Learn index investing to a self-managed portfolio in two months
Two months of evening reading and one Saturday afternoon at a brokerage — about 25 hours total — gets a beginner from "I should probably start investing" to a three-fund portfolio they understand and won't panic-sell. The math is trivial. The discipline is the whole game.
2 months · ~25 hours · three-fund portfolio with automatic monthly contributions
1.The Little Book of Common Sense Investing — Jack Bogle
Read this before anything else. Bogle invented the index fund and ran Vanguard for thirty-five years; this short book is his pitch in 250 pages. The argument is simple: nobody beats the market consistently, costs compound brutally, so own the whole market through one cheap fund and stop touching it. Read it once, then keep it on the shelf for the next time a stock tip seems exciting.
~$18 hardcover
The Little Book of Common Sense Investing →2.The Bogleheads' Guide to Investing
The practical companion to Bogle's philosophy. Larimore, Lindauer and LeBoeuf walk through asset allocation, account types, tax-efficient placement, and how to actually structure a portfolio across 401(k), IRA and taxable accounts. Where Bogle gives you the religion, this book gives you the spreadsheet. Read chapters one through eleven; skim the rest as reference.
~$22 paperback
Bogleheads' Guide to Investing →3.bogleheads.org wiki — open the account, buy the funds
Open a Roth IRA and a taxable brokerage at Vanguard, Fidelity, or Schwab — they're functionally interchangeable and all charge zero commissions. Use the wiki's "Three-fund portfolio" page to pick the actual tickers (a US total-market, an international, a bond fund) at whichever brokerage you chose. Set automatic monthly contributions. Then leave it alone — that's the entire skill.

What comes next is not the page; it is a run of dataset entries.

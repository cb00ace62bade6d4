-- ===== src/Telemetry/Series.antt =====
-- The series of a runtime stay few, and their names and labels safe: packages/telemetry/src/index.ts,
-- `safeLabels` and `updateMetric`.
use tracegarden.Prelude.{
  suc, ◌+◌, ◌≤◌, ◌≡◌, refl, inl, inr, true, false, not, ◌&&◌, ◌||◌, List, [], ◌∷◌, arith, leb,
  if◌then◌else◌, Bool-cases, is_some, length, All, Str, js, ◌===◌,
}
use tracegarden.Prelude.Dict.{Dict, get, set, values, All-set, KeysDistinct, set-KeysDistinct}
use tracegarden.Telemetry.Names.{
  is_metric_name, is_label_name, unsafe_name, safe_string, length-safe_string,
}
use tracegarden.Telemetry.Signals.{Host, MetricType, counter, gauge, MetricValue, TelemetrySignal}
use tracegarden.Telemetry.Labels.{
  safe_labels, safe_labels_from, sort_entries, assign_label, max_label_keys,
}
use tracegarden.Telemetry.Runtime.{Runtime, dispatch}
use tracegarden.Telemetry.Metrics.{
  Add, update_metric, series_key, target, with_target, max_metric_series,
}
use tracegarden.Telemetry.Steps.{Call, World, run}
use tracegarden.Telemetry.Kept.{kept_run}

-- A label that may be exported: a well-formed name that shows no protected content, a short value.
abbrev pub IsSafeLabel : Str × Str → Type 0
IsSafeLabel (key, value) =
    (is_label_name key ≡ true) × (unsafe_name key ≡ false) × (length value ≤ 256)

abbrev pub AreSafeLabels : Dict Str → Type 0
AreSafeLabels labels = All IsSafeLabel labels × (length labels ≤ max_label_keys)

All-set_entry :
    (key value : Str) (labels : Dict Str)
    → IsSafeLabel (key, value)
    → All IsSafeLabel labels
    → All IsSafeLabel (set key value labels)
unfolding set
All-set_entry key value [] p h = (p, tt)
All-set_entry key value ((k, v) ∷ labels) p h = elim (Bool-cases (k === key)) [
  | inl e ↦ rw e ((h.0.0, h.0.1, p.2), h.1)
  | inr e ↦ rw e (h.0, All-set_entry key value labels p h.1)
]

length-set {ℓ} :
    {V : Type ℓ} (key : Str) (value : V) (m : Dict V)
    → length (set key value m) ≡ (if is_some (get key m) then length m else suc (length m))
unfolding set get
length-set key value [] = refl
length-set key value ((k, v) ∷ m) = ground (arith, length-set key value m)

IsSafe-assign_label :
    (key value : Str) (labels : Dict Str)
    → (not (is_label_name key) || unsafe_name key) ≡ false
    → All IsSafeLabel labels
    → All IsSafeLabel (assign_label key (safe_string value) labels)
IsSafe-assign_label key value labels t h = elim (Bool-cases (key === js "__proto__")) [
  | inl e ↦ rw e h
  | inr e ↦ rw e (
      All-set_entry key (safe_string value) labels
        (ground arith, ground arith, length-safe_string value) h)
]

length-assign_label :
    (key value : Str) (labels : Dict Str)
    → length (assign_label key value labels) ≤ suc (length labels)
length-assign_label key value labels = ground (arith, length-set key value labels)

safe_labels_from-IsSafe :
    (entries labels : Dict Str)
    → AreSafeLabels labels
    → AreSafeLabels (safe_labels_from entries labels)
unfolding safe_labels_from
safe_labels_from-IsSafe [] labels h = h
safe_labels_from-IsSafe ((key, value) ∷ entries) labels h =
    elim (Bool-cases (leb max_label_keys (length labels))) [
      | inl full ↦ rw full h
      | inr room ↦ rw room (elim (Bool-cases (not (is_label_name key) || unsafe_name key)) [
        | inl skip ↦ rw skip (safe_labels_from-IsSafe entries labels h)
        | inr keep ↦ rw keep (
            safe_labels_from-IsSafe entries (assign_label key (safe_string value) labels) (
              IsSafe-assign_label key value labels keep h.0,
              ground (arith, length-assign_label key (safe_string value) labels),
            ))
      ])
    ]

pub safe_labels-AreSafe :
    {Num : Type 0} (host : Host Num) (labels : Dict Str) → AreSafeLabels (safe_labels host labels)
unfolding safe_labels
safe_labels-AreSafe host labels =
    safe_labels_from-IsSafe (sort_entries host labels) [] (tt, omega arith)

module _ {Num : Type 0} where
  abbrev pub IsSafeSample : MetricType → MetricValue Num → Type 0
  IsSafeSample kind sample =
      (sample.kind ≡ kind) × (is_metric_name sample.name ≡ true) × AreSafeLabels sample.labels

  -- At most 1,000 series, each under a key of its own, with a well-formed name and safe labels.
  pub record HasSafeSeries (r : Runtime Num) : Type 0 where
    pub few : length r.counters + length r.gauges ≤ max_metric_series
    pub distinct_counters : KeysDistinct r.counters
    pub distinct_gauges : KeysDistinct r.gauges
    pub safe_counters : All (IsSafeSample counter) (values r.counters)
    pub safe_gauges : All (IsSafeSample gauge) (values r.gauges)

module _ {Num : Type 0} (host : Host Num) where
  dispatch-HasSafeSeries :
      (signal : TelemetrySignal Num) (r : Runtime Num)
      → HasSafeSeries r
      → HasSafeSeries (dispatch signal r)
  unfolding dispatch
  dispatch-HasSafeSeries signal r h = record {
    few = h.few;
    distinct_counters = h.distinct_counters;
    distinct_gauges = h.distinct_gauges;
    safe_counters = h.safe_counters;
    safe_gauges = h.safe_gauges;
  }

  put-HasSafeSeries :
      (kind : MetricType) (key : Str) (sample : MetricValue Num) (r : Runtime Num)
      → IsSafeSample kind sample
      → (not (is_some (get key (target host kind r)))
          && leb max_metric_series (length r.counters + length r.gauges))
        ≡ false
      → HasSafeSeries r
      → HasSafeSeries (with_target host kind (set key sample (target host kind r)) r)
  put-HasSafeSeries counter key sample r safe room h = record {
    few = ground (arith, h.few, length-set key sample r.counters);
    distinct_counters = set-KeysDistinct key sample r.counters h.distinct_counters;
    distinct_gauges = h.distinct_gauges;
    safe_counters = All-set _ key sample r.counters safe h.safe_counters;
    safe_gauges = h.safe_gauges;
  }
  put-HasSafeSeries gauge key sample r safe room h = record {
    few = ground (arith, h.few, length-set key sample r.gauges);
    distinct_counters = h.distinct_counters;
    distinct_gauges = set-KeysDistinct key sample r.gauges h.distinct_gauges;
    safe_counters = h.safe_counters;
    safe_gauges = All-set _ key sample r.gauges safe h.safe_gauges;
  }

  update_metric-HasSafeSeries :
      (kind : MetricType) (name : Str) (value : Num) (labels : Dict Str) (add : Add)
      (r : Runtime Num)
      → HasSafeSeries r
      → HasSafeSeries (update_metric host kind name value labels add r).0
  unfolding update_metric
  update_metric-HasSafeSeries kind name value labels add r h =
      elim (Bool-cases (is_metric_name name)) [
        | inr bad ↦ rw bad h
        | inl good ↦
            rw good
              (elim (Bool-cases (
                not (is_some (get (series_key host name labels) (target host kind r)))
                && leb max_metric_series (length r.counters + length r.gauges))) [
                  | inl full ↦ rw full h
                  | inr room ↦ rw room (
                      put-HasSafeSeries kind _ _ r (refl, good, safe_labels-AreSafe host labels)
                        room h)
                ])
      ]

  -- Whatever calls are made, in whatever order, a runtime whose series are few, distinct and safe
  -- stays so: no more than 1,000 counters and gauges together, each under its own key, each with a
  -- well-formed name, its own type, and at most eight labels, all with a well-formed name that shows
  -- no protected content and a value of at most 256 units.
  pub run-HasSafeSeries :
      (calls : List (Call Num)) (w : World Num)
      → HasSafeSeries w.runtime
      → HasSafeSeries (run host calls w).runtime
  run-HasSafeSeries = kept_run host HasSafeSeries dispatch-HasSafeSeries update_metric-HasSafeSeries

Free; expense ratios ~0.03–0.10% on the funds themselves
Three-fund portfolio wiki →If this doesn't fit you
If you genuinely will not remember to rebalance once a year, replace step three with a single target-date retirement fund matched roughly to the year you turn 65. It's a hair more expensive (around 0.08% vs 0.04%) and slightly less tax-efficient in a taxable account, but it auto-rebalances forever and removes the only manual decision the three-fund approach requires. For 95% of investors this is fine.
Why this path
Index investing is the rare field where the right answer has been known for fifty years and nobody disputes it among the people actually managing money. Bogle's book is the conviction; the Bogleheads book and wiki are the implementation. Skip stock-picking, options, crypto allocations, and anyone selling courses on "active strategies" — the data is unambiguous and the cost of being wrong is decades of compounding. The only way to fail this path is to keep tinkering.